I’ve had some professional training and some higher education (hoo boy was it higher! esp. the part in the sixties~) but my practice is that of the autodidact. The sad news is that my memory is shot and my rationality ain’t that grand and I use cheap shot ad hominem debating tactics so all this autodidacticism goes for naught… I am at best a legend in my own mind. I don’t remember a single line of Rupert Brooke. The satire of Thomas Love Peacock is lost on me. When Norm’s uncle loaned me Hersey’s The Child Buyer back in 1960, I read the book and promptly forgot every word. When Betty’s husband loaned me Kuhn’s Structure of Scientific Revolutions eight or ten years later. I stashed it and only read it while I was blowing dope. This is not a course I’d recommend for the serious student. This is not even a course I’d recommend for someone who simply wants to lead a happy life. I don’t recall ever returning that book.
Not that I didn’t enjoy it. The weed I mean… I don’t remember a word of the Kuhn. But I think I inhaled more deeply and more often than Bill and Hillary and you see where that got us. I live in this little rat shack on the swamp and they live in the posh totty suburbs not too far from Manhattan.
These days I read all there is to read of Bruce Sterling, Neal Stephenson, William Gibson, and Larry McMurtry… oh and Tom Wolfe, and all the great airport novelists like Grisham and Clancy. Sometimes I get stuck reading Feynman and recently I’ve been forced to swallow great chunks of theory of mesh wireless networking talk and such, but that’s in hopes of staying employable.
One thing most of these novelists aren’t doing is exercising their rights of free speech very strenuously. You have to go to bloggers like Chris Locke, Norm Jenson, and Dan Gillmor for that.
I do read a lot of blog posts too I guess.
posted in Philosophistry and Stuff, The Proprietor, What Democracy Looks Like | 4 Comments
In December I was taken with the idea of LexThink, an idea about pulling people together in Chicago to create a formula for the "perfect professional services firm." So I wrote Matt Homann and said, "Please mister, can I come?" Matt hasn’t written back so I guess I don’t get to go play. This may be a good thing since I understand there’s a wedding in Honduras on April 2 that I’m expected to attend, but gee… it sounded like a great idea when I read about it.
Actually, there are hundreds, thousands, millions of great events that people haven’t invited me to over the years… here’s another one. Shit. I think it has something to do with the career thing. People put these cool CVs together and then they have a concrete expression of merit. I’ll have to remember that next time I have a life to live.

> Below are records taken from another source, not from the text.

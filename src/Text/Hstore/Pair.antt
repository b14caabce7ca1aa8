-- ===== src/Text/Hstore/Pair.antt =====
-- A pair that `hstore_pair` writes, read by the loop of `from_text_hstore`
-- (pg_cmdqd/pq-raii/libpq-raii.hpp).
use mathlib.Core.List.{append_assoc}
use mathlib.Core.Path.{ap₂}
use pg_cmd_queue.Base.{
  ℕ, zero, suc, ◌+◌, ◌-◌, ◌<◌, ◌≡◌, refl, sym, ap, ◌≢◌, ◌∙◌, inl, inr, false, ◌||◌, Option, none,
  some, [], ◌∷◌, ◌++◌, ◌==◌, if◌then◌else◌, Bool-cases, Bytes, codes, length, length-append, Result,
  arith,
}
use pg_cmd_queue.Text.Quote.{escape}
use pg_cmd_queue.Text.Scan.{at, item, item_split, Lacks, pair_at, here_at, regroup}
use pg_cmd_queue.Text.Hstore.{
  Hstore, HstoreScan, assign, hstore_start, open_quote, close_quote, is_null, equal_ignoring_case,
  lower, unescape_from, unescape_hstore_text, hstore_loop,
}
use pg_cmd_queue.Text.Hstore.Scans.{
  Counts, Runs, Runs-arrow, Runs-quoted, escape-quote, escape-plain,
}

unescape-slash :
    (c : ℕ) (cs : Bytes)
    → c ≢ b'\\'
    → unescape_from false (b'\\' ∷ c ∷ cs) ≡ c ∷ unescape_from false cs
unfolding unescape_from
unescape-slash c cs h = ground arith

unescape-plain :
    (c : ℕ) (cs : Bytes) → c ≢ b'\\' → unescape_from false (c ∷ cs) ≡ c ∷ unescape_from false cs
unfolding unescape_from
unescape-plain c [] h = ground arith
unescape-plain c (d ∷ cs) h = ground arith

-- A text with no backslash is unescaped to what it was escaped from.
pub unescape-escape : (m : Bytes) → Lacks b'\\' m → unescape_from false (escape m) ≡ m
unescape-escape [] h = unfold unescape_from in refl
unescape-escape (c ∷ m) (l, ls) = elim (Bool-cases (c == b'"')) [
  | inl quote ↦
      ap (unescape_from false) (escape-quote c m (ground arith))
      ∙ unescape-slash c (escape m) l
      ∙ ap (◌∷◌ c) (unescape-escape m ls)
  | inr plain ↦
      ap (unescape_from false) (escape-plain c m l plain)
      ∙ unescape-plain c (escape m) l
      ∙ ap (◌∷◌ c) (unescape-escape m ls)
]

-- No byte of a pattern is, in lower case, a backslash.
abbrev Words : Bytes → Type 0
Words [] = Unit
Words (x ∷ xs) = (lower x ≢ b'\\') × Words xs

equal_ignoring_case-escape :
    (m p : Bytes)
    → Words p
    → Lacks b'\\' m
    → equal_ignoring_case m p ≡ false
    → equal_ignoring_case (escape m) p ≡ false
equal_ignoring_case-escape [] p w l h = h
equal_ignoring_case-escape (c ∷ m) [] w (l, ls) h = elim (Bool-cases (c == b'"')) [
  | inl quote ↦ rw (escape-quote c m (ground arith)) (ground arith)
  | inr plain ↦ rw (escape-plain c m l plain) h
]
equal_ignoring_case-escape (c ∷ m) (x ∷ p) (w, ws) (l, ls) h = elim (Bool-cases (c == b'"')) [
  | inl quote ↦ rw (escape-quote c m (ground arith)) (ground arith)
  | inr plain ↦ rw (escape-plain c m l plain) (ground (arith, equal_ignoring_case-escape m p ws ls))
]

pub length-escape : (m : Bytes) → 0 < length m → 0 < length (escape m)
length-escape [] h = absurd (omega arith)
length-escape (c ∷ m) h = elim (Bool-cases (c == b'"' || c == b'\\')) [
  | inl e ↦ ground arith
  | inr e ↦ ground arith
]

-- Between two pairs, and behind a key.
abbrev pub idle : Hstore → HstoreScan
idle m = record hstore_start { result = m }

abbrev pub keyed : Hstore → ℕ → ℕ → HstoreScan
keyed m key_start key_end = record (idle m) { key_start = key_start; key_end = key_end }

-- A value with no backslash that `strcasecmp` tells from `NULL`.
abbrev pub PlainValue : Bytes → Type 0
PlainValue v = Lacks b'\\' v × (is_null v ≡ false)

-- What the reader makes of the text between the quotes of a value.
abbrev reading : Bytes → Option Bytes
reading raw_val = if is_null raw_val then none else some (unescape_hstore_text raw_val)

null-Words : Words (codes "NULL")
null-Words = (omega arith, (omega arith, (omega arith, (omega arith, tt))))

reading-escape : (v : Bytes) → PlainValue v → reading (escape v) ≡ some v
unfolding unescape_hstore_text
reading-escape v (l, n) =
    rw (equal_ignoring_case-escape v (codes "NULL") null-Words l n) (ap some (unescape-escape v l))

close-keyed :
    (input : Bytes) (i j a b : ℕ) (m : Hstore)
    → 0 < a
    → 0 < b
    → close_quote input j (open_quote i (keyed m a b))
      ≡ idle (assign (item input a b) (reading (item input (i + 1) (j - 1))) m)
close-keyed input i j zero b m pa pb = absurd (omega arith)
close-keyed input i j (suc a) zero m pa pb = absurd (omega arith)
close-keyed input i j (suc a) (suc b) m pa pb = ground arith

module _ (input : Bytes) (r : Result Hstore) where
  pub Runs-key :
      (k pre post : Bytes) (i j : ℕ) (m : Hstore)
      → Lacks b'\\' k
      → input ≡ pre ++ b'"' ∷ (escape k ++ b'"' ∷ post)
      → i ≡ length pre
      → j ≡ i + 1 + length (escape k)
      → Counts input i
      → Runs input r (j + 1) (keyed m (i + 1) (j - 1))
      → Runs input r i (idle m)
  Runs-key k pre post i j m l e ei ej c next =
      Runs-quoted input r k pre post i j (idle m) l e ei ej c refl next

  pub Runs-value :
      (v pre post : Bytes) (i j a b : ℕ) (m : Hstore)
      → PlainValue v
      → input ≡ pre ++ b'"' ∷ (escape v ++ b'"' ∷ post)
      → i ≡ length pre
      → j ≡ i + 1 + length (escape v)
      → Counts input i
      → 0 < a
      → 0 < b
      → Runs input r (j + 1) (idle (assign (item input a b) (some v) m))
      → Runs input r i (keyed m a b)
  Runs-value v pre post i j a b m p e ei ej c pa pb next =
      let text : item input (i + 1) (j - 1) ≡ escape v =
        item_split (pre ++ b'"' ∷ []) (escape v) (b'"' ∷ post) (i + 1) (j - 1)
          (e ∙ regroup pre b'"' _) (omega (arith, length-append pre (b'"' ∷ [])))
          (omega (arith, length-append pre (b'"' ∷ []))) in
      Runs-quoted input r v pre post i j (keyed m a b) (p.0) e ei ej c refl (
        rw
          (close-keyed input i j a b m pa pb
            ∙ ap (λ t. idle (assign (item input a b) (reading t) m)) text
            ∙ ap (λ t. idle (assign (item input a b) t m)) (reading-escape v p))
          next)

  -- One pair, from its key's opening quote on.
  pub Runs-pair :
      (k v pre post : Bytes) (i j : ℕ) (m : Hstore)
      → Lacks b'\\' k
      → 0 < length k
      → PlainValue v
      → input ≡ pre ++ b'"' ∷ (escape k ++ b'"' ∷ b'=' ∷ b'>' ∷ b'"' ∷ (escape v ++ b'"' ∷ post))
      → i ≡ length pre
      → j ≡ i + length (escape k) + length (escape v) + 6
      → Counts input i
      → Runs input r j (idle (assign (escape k) (some v) m))
      → Runs input r i (idle m)
  Runs-pair k v pre post i j m lk nk pv e ei ej c next =
      let a = i + 1 + length (escape k) in
      let upto = pre ++ b'"' ∷ (escape k ++ b'"' ∷ []) in
      let e2 : input ≡ upto ++ b'=' ∷ b'>' ∷ b'"' ∷ (escape v ++ b'"' ∷ post) =
        e ∙ simp append_assoc in
      let len : length upto ≡ a + 1 = omega (
        arith,
        length-append pre (b'"' ∷ (escape k ++ b'"' ∷ [])),
        length-append (escape k) (b'"' ∷ []),
      ) in
      let (equals, bound) = here_at upto b'=' _ (a + 1) e2 (sym len) in
      let e3 = e2 ∙ regroup upto b'=' _ in
      let (arrow, _, _) = pair_at upto b'=' b'>' _ (a + 2) e2 (omega arith) in
      let e4 = e3 ∙ regroup (upto ++ b'=' ∷ []) b'>' _ in
      let len3 = length-append upto (b'=' ∷ []) in
      let (_, before, _) = pair_at (upto ++ b'=' ∷ []) b'>' b'"' _ (a + 1 + 2) e3 (omega arith) in
      let len4 = length-append (upto ++ b'=' ∷ []) (b'>' ∷ []) in
      let key : item input (i + 1) (a - 1) ≡ escape k =
        item_split (pre ++ b'"' ∷ []) (escape k) _ (i + 1) (a - 1) (e ∙ regroup pre b'"' _)
          (omega (arith, length-append pre (b'"' ∷ [])))
          (omega (arith, length-append pre (b'"' ∷ []))) in
      let same : a + 4 + length (escape v) + 1 ≡ j = omega arith in
      Runs-key k pre _ i a m lk e ei refl c (
        Runs-arrow input r (a + 1) _ bound refl equals (ap (at input) (omega arith) ∙ arrow) (
          Runs-value v ((upto ++ b'=' ∷ []) ++ b'>' ∷ []) post (a + 1 + 2)
            (a + 4 + length (escape v)) (i + 1) (a - 1) m pv e4 (omega arith) (omega arith)
            (inr (λ h. omega (arith, h, before))) (omega arith) (omega (arith, length-escape k nk))
            (λ fuel enough.
              ap₂ (hstore_loop fuel input) same (ap (λ t. idle (assign t (some v) m)) key)
              ∙ next fuel (omega arith))))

posted in The Proprietor | 1 Comment
I lifted the folllowing from a comment I just left at Allied. Here I get a moment to correct most of the typos and add some links. Lynx.
***
God what great company. I may be suffering seasonal affective disorder or I may just be sad, but it’s been hard not to just be a grouch lately.
I remember when Fang fairly leapt from my keyboard and then I had to worry about the ethics of populating the doggosphere with fictional mutts. These last few days, Molly - not a fictional mutt - has consumed our attention here with barfing and diarrhea (I told her to get a Live Journal account for the latter but that was before I had seen Shelley’s Baby Shark warning).

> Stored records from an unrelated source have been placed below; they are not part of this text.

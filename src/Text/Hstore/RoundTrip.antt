-- ===== src/Text/Hstore/RoundTrip.antt =====
-- What `from_text_hstore` (pg_cmdqd/pq-raii/libpq-raii.hpp) reads from what `as_text_hstore` writes.
use mathlib.Core.List.{append_assoc, append-nil}
use pg_cmd_queue.Base.{
  ℕ, ◌+◌, ◌<◌, ◌≡◌, refl, ap, ◌∙◌, inl, inr, true, false, Option, some, List, [], ◌∷◌, ◌++◌, Bytes,
  codes, bytes_eq, length, length-append, Result, ok, arith,
}
use pg_cmd_queue.Text.Quote.{escape, double_quote, joined, hstore_pair, as_text_hstore}
use pg_cmd_queue.Text.Scan.{Lacks, pair_at, here_at}
use pg_cmd_queue.Text.Hstore.{Hstore, assign, from_text_hstore, hstore_loop}
use pg_cmd_queue.Text.Hstore.Scans.{Runs, Runs-end, Runs-between, escape-plain}
use pg_cmd_queue.Text.Hstore.Pair.{idle, PlainValue, Runs-pair}

-- The text of a pair, in front of `post`.
abbrev written : Bytes → Bytes → Bytes → Bytes
written k v post = b'"' ∷ (escape k ++ b'"' ∷ b'=' ∷ b'>' ∷ b'"' ∷ (escape v ++ b'"' ∷ post))

length-written :
    (k v post : Bytes)
    → length (written k v post) ≡ length (escape k) + length (escape v) + 6 + length post
length-written k v post = omega (
  arith,
  length-append (escape k) (b'"' ∷ b'=' ∷ b'>' ∷ b'"' ∷ (escape v ++ b'"' ∷ post)),
  length-append (escape v) (b'"' ∷ post),
)

-- What the reader stores, pair by pair: the key keeps the backslashes that quoting put.
abbrev pub read_pairs : Hstore → List (Bytes × Bytes) → Hstore
read_pairs m [] = m
read_pairs m ((k, v) ∷ pairs) = read_pairs (assign (escape k) (some v) m) pairs

abbrev pub PlainPairs : List (Bytes × Bytes) → Type 0
PlainPairs [] = Unit
PlainPairs ((k, v) ∷ pairs) = (Lacks b'\\' k × (0 < length k)) × (PlainValue v × PlainPairs pairs)

module _ (input : Bytes) (r : Result Hstore) where
  -- The pairs behind the first.
  Runs-pairs :
      (pairs : List (Bytes × Bytes)) (pre : Bytes) (i : ℕ) (m : Hstore)
      → PlainPairs pairs
      → input ≡ pre ++ joined (codes ",") hstore_pair true pairs
      → i ≡ length pre
      → r ≡ ok (read_pairs m pairs)
      → Runs input r i (idle m)
  unfolding double_quote
  Runs-pairs [] pre i m h e ei done =
      Runs-end input r i (idle m) (omega (arith, ap length e, length-append pre [])) done
  Runs-pairs ((k, v) ∷ pairs) pre i m ((lk, nk), (pv, h)) e ei done =
      let rest = joined (codes ",") hstore_pair true pairs in
      let (comma, bound) = here_at pre b',' _ i e ei in
      let (_, before, _) = pair_at pre b',' b'"' _ (i + 1) e (omega arith) in
      let front = (pre ++ b',' ∷ []) ++ written k v [] in
      let e2 : input ≡ (pre ++ b',' ∷ []) ++ written k v rest = e ∙ simp append_assoc in
      Runs-between input r i (idle m) bound (omega arith) (omega arith) (
        Runs-pair input r k v (pre ++ b',' ∷ []) rest (i + 1) _ m lk nk pv e2
          (omega (arith, length-append pre (b',' ∷ []))) refl (inr (λ q. omega (arith, q, before)))
          (Runs-pairs pairs front _ (assign (escape k) (some v) m) h (e2 ∙ simp append_assoc)
            (omega (
              arith,
              length-append (pre ++ b',' ∷ []) (written k v []),
              length-append pre (b',' ∷ []),
              length-written k v [],
            ))
            done))

-- Reading what `as_text_hstore` writes stores each value under its key with the key's quotes still
-- escaped, in the order written, if no key or value has a backslash, no key is empty and no value
-- is `NULL` in any case.
pub from_text_hstore-as_text_hstore :
    (m : List (Bytes × Bytes))
    → PlainPairs m
    → from_text_hstore (as_text_hstore m) ≡ ok (read_pairs [] m)
unfolding as_text_hstore from_text_hstore
from_text_hstore-as_text_hstore [] h = unfold hstore_loop in refl
from_text_hstore-as_text_hstore ((k, v) ∷ m) ((lk, nk), (pv, h)) =
    let rest = joined (codes ",") hstore_pair true m in
    let r = ok (read_pairs [] ((k, v) ∷ m)) in
    let e : as_text_hstore ((k, v) ∷ m) ≡ written k v rest =
      unfold double_quote in simp append_assoc in
    let input = written k v rest in
    rw e (
      Runs-pair input r k v [] rest 0 _ [] lk nk pv refl refl refl (inl refl)
        (Runs-pairs input r m (written k v []) _ _ h (simp append_assoc)
          (omega (arith, length-written k v [])) refl)
        (length input + 1) (omega arith))

-- No pair of the map has the key.
abbrev Fresh : Bytes → Hstore → Type 0
Fresh key [] = Unit
Fresh key ((k, v) ∷ m) = (bytes_eq k key ≡ false) × Fresh key m

assign-Fresh :
    (key : Bytes) (value : Option Bytes) (m : Hstore)
    → Fresh key m
    → assign key value m ≡ m ++ (key, value) ∷ []
assign-Fresh key value [] h = refl
assign-Fresh key value ((k, v) ∷ m) (h, hs) = rw h (ap (◌∷◌ (k, v)) (assign-Fresh key value m hs))

abbrev pub with_values : List (Bytes × Bytes) → Hstore
with_values [] = []
with_values ((k, v) ∷ m) = (k, some v) ∷ with_values m

-- The keys have no quote, and each is there once, and none of them in `read` already.
abbrev pub PlainKeys : Hstore → List (Bytes × Bytes) → Type 0
PlainKeys read [] = Unit
PlainKeys read ((k, v) ∷ m) = (Lacks b'"' k × Fresh k read) × PlainKeys (read ++ (k, some v) ∷ []) m

escape-Plain : (m : Bytes) → Lacks b'\\' m → Lacks b'"' m → escape m ≡ m
escape-Plain [] l q = refl
escape-Plain (c ∷ m) (l, ls) (q, qs) =
    escape-plain c m l (ground arith) ∙ ap (◌∷◌ c) (escape-Plain m ls qs)

read_pairs-PlainKeys :
    (read : Hstore) (m : List (Bytes × Bytes))
    → PlainPairs m
    → PlainKeys read m
    → read_pairs read m ≡ read ++ with_values m
read_pairs-PlainKeys read [] h p = simp append-nil
read_pairs-PlainKeys read ((k, v) ∷ m) ((lk, nk), (pv, h)) ((q, f), p) =
    ap (λ t. read_pairs (assign t (some v) read) m) (escape-Plain k lk q)
    ∙ ap (λ t. read_pairs t m) (assign-Fresh k (some v) read f)
    ∙ read_pairs-PlainKeys _ m h p
    ∙ append_assoc read ((k, some v) ∷ []) (with_values m)

-- Reading what `as_text_hstore` writes gives the map back, if no key or value has a backslash, no
-- key is empty or has a quote, no value is `NULL` in any case, and each key is there once.
pub from_text_hstore-plain :
    (m : List (Bytes × Bytes))
    → PlainPairs m
    → PlainKeys [] m
    → from_text_hstore (as_text_hstore m) ≡ ok (with_values m)
from_text_hstore-plain m h p =
    from_text_hstore-as_text_hstore m h ∙ ap ok (read_pairs-PlainKeys [] m h p)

Anyway Molly got spayed. Call me a liberal, but I just don’t want the responsibility of puppies. Next thing you know she’s up all night barfing every hour, unable to keep even water down, licking a few drops off my fingers but dehydrating none-the-less. Suddenly a miracle occurs and she’s eating and drinking. Now the barfing turns into a case of the runs and we’re up all night with her taking her out every hour when she whimpers. Then we finally have a big snow storm, and it’s clear that poopie dog has to stay inside. We can’t consign her to the kennel in weather like this. Now we’re working short days and hoping to keep the poop off the floor, as she regains some strength in the intestinal department. Meanwhile, it’s been two days now and we can see why the vet said to keep her on a leash for 10 days because she’s ready to go Molly zooming this way and that whenever we go out - which we learned by accidentally dropping the leash and seeing her turn into a lightning bolt. But lightning bolts frequently don’t heal their little abdominal incisions properly so on a leash she stays. Indoors she hassles us to let her out. Outdoors she pulls on the leash like a pair of yoked oxen. We could plow fields behind this dog. Shoulders on her as wide as an NFL line person. Get it? Line person. As if women wanted to work in the front line for the Green Bay Packers or something.

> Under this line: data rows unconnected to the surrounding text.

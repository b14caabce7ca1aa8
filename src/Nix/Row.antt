-- ===== src/Nix/Row.antt =====
-- The constructors of `QueueCmdMetadata` (pg_cmdqd/queuecmdmetadata.cpp) and of `NixQueueCmd`
-- (pg_cmdqd/nixqueuecmd.cpp) that load a row of a result.
pub mod RoundTrip
use pg_cmd_queue.Base.{
  ℕ, Bool, true, false, Option, none, some, List, [], ◌∷◌, Bytes, codes, if◌then◌else◌, Result, ok,
  err, runtime_error, domain_error, ◌>>=◌,
}
use pg_cmd_queue.Pq.Rows.{PgResult, FieldNumbers, value_at, nullable_at, is_null_at}
use pg_cmd_queue.Pq.Load.{Loaded, finished, threw, load, is_exception}
use pg_cmd_queue.Text.Array.{from_text_array}
use pg_cmd_queue.Text.Hstore.{Hstore, from_text_hstore}
use pg_cmd_queue.Nix.Command.{QueueCmdMetadata, NixQueueCmd, new_metadata, new_nix_queue_cmd}

-- `throw_if_missing_any_value`. Each key is there once, so each assignment adds a pair.
unfoldable pub throw_if_missing_any_value : Hstore → Result (List (Bytes × Bytes))
throw_if_missing_any_value [] = ok []
throw_if_missing_any_value ((key, none) ∷ m) = err runtime_error
throw_if_missing_any_value ((key, some value) ∷ m) =
    throw_if_missing_any_value m >>= λ rest. ok ((key, value) ∷ rest)

module _ (res : PgResult) (row : ℕ) (numbers : FieldNumbers) where
  abbrev pub load_identity : QueueCmdMetadata → Result QueueCmdMetadata
  load_identity meta = value_at res row numbers (codes "cmd_class_identity") >>= λ v.
      ok (record meta { cmd_class_identity = v })

  abbrev pub load_relname : QueueCmdMetadata → Result QueueCmdMetadata
  load_relname meta = value_at res row numbers (codes "cmd_class_relname") >>= λ v.
      ok (record meta { cmd_class_relname = v })

  abbrev pub load_id : QueueCmdMetadata → Result QueueCmdMetadata
  load_id meta = value_at res row numbers (codes "cmd_id") >>= λ v. ok (record meta { cmd_id = v })

  abbrev pub load_subid : QueueCmdMetadata → Result QueueCmdMetadata
  load_subid meta =
      nullable_at res row numbers (codes "cmd_subid") >>= λ v. ok (record meta { cmd_subid = v })

  -- What stands behind the `try` and in the `catch`; what is no exception ends the program.
  abbrev pub after_metadata : Loaded QueueCmdMetadata → Result QueueCmdMetadata
  after_metadata (finished meta) = ok (record meta { is_valid = true })
  after_metadata (threw e meta) =
      if is_exception e then ok (record meta { is_valid = false }) else err e

  unfoldable pub metadata_of_row : Result QueueCmdMetadata
  unfolding new_metadata load
  metadata_of_row =
      after_metadata (
        load (load_identity ∷ load_relname ∷ load_id ∷ load_subid ∷ [])
          (new_metadata [] [] [] none))

  abbrev pub load_argv : NixQueueCmd → Result NixQueueCmd
  load_argv cmd = is_null_at res row numbers (codes "cmd_argv") >>= λ is_null.
      if is_null
      then err domain_error
      else value_at res row numbers (codes "cmd_argv") >>= λ raw_cmd_argv.
          from_text_array raw_cmd_argv >>= λ argv. ok (record cmd { cmd_argv = argv })

  abbrev pub load_env : NixQueueCmd → Result NixQueueCmd
  load_env cmd = is_null_at res row numbers (codes "cmd_env") >>= λ is_null.
      if is_null
      then err domain_error
      else value_at res row numbers (codes "cmd_env") >>= λ raw_cmd_env.
          from_text_hstore raw_cmd_env >>= λ m.
          throw_if_missing_any_value m >>= λ env. ok (record cmd { cmd_env = env })

  abbrev pub load_stdin : NixQueueCmd → Result NixQueueCmd
  load_stdin cmd =
      value_at res row numbers (codes "cmd_stdin") >>= λ v. ok (record cmd { cmd_stdin = v })

  abbrev pub after_cmd : Loaded NixQueueCmd → Result NixQueueCmd
  after_cmd (finished cmd) = ok (record cmd { is_valid = true })
  after_cmd (threw e cmd) = if is_exception e then ok (record cmd { is_valid = false }) else err e

  unfoldable pub nix_cmd_of_row : Result NixQueueCmd
  unfolding new_nix_queue_cmd load
  nix_cmd_of_row = metadata_of_row >>= λ meta. after_cmd (
      load (load_argv ∷ load_env ∷ load_stdin ∷ [])
        (record (new_nix_queue_cmd [] [] [] none [] [] []) { meta = meta }))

What a dog. What a blog. I think I just wrote a whole post instead of a comment! Well, that’s what the copy and paste thinger is for. Now it’s a comment. Soon it will be a post at my place.
Thanks for the inspiration Jeneane.
posted in The Proprietor | 0 Comments
We’re all familiar with the Complete Idiot’s Guides… the range of topics is incredible, yet the series suffers from a lamentably low GQ (Grandiosity Quotient). Rather than aim at people who want to learn a foreign language, rewire the garage, or raise lab rats and turn a profit, I’m aiming this new series at people who REALLY want to improve themselves.
I call the series "How Hard Could It Be?" Some sample titles: "Rocket Science… How Hard Could It Be?" "Brain Surgery… How Hard Could It Be?" "Large Hadron Accelerator Construction… How Hard Could It Be?" These well written, information laden, nicely bound slim volumes are conceived as a Great Books of the 21st Century collection - something no real post-postmodern renaissance person will want to be without.
While the high volume sales are expected from wire racks near the check-out lines at finer bookstores everywhere, it should be noted that faux-leather bound sets also will be available, complete with engraved bookplates.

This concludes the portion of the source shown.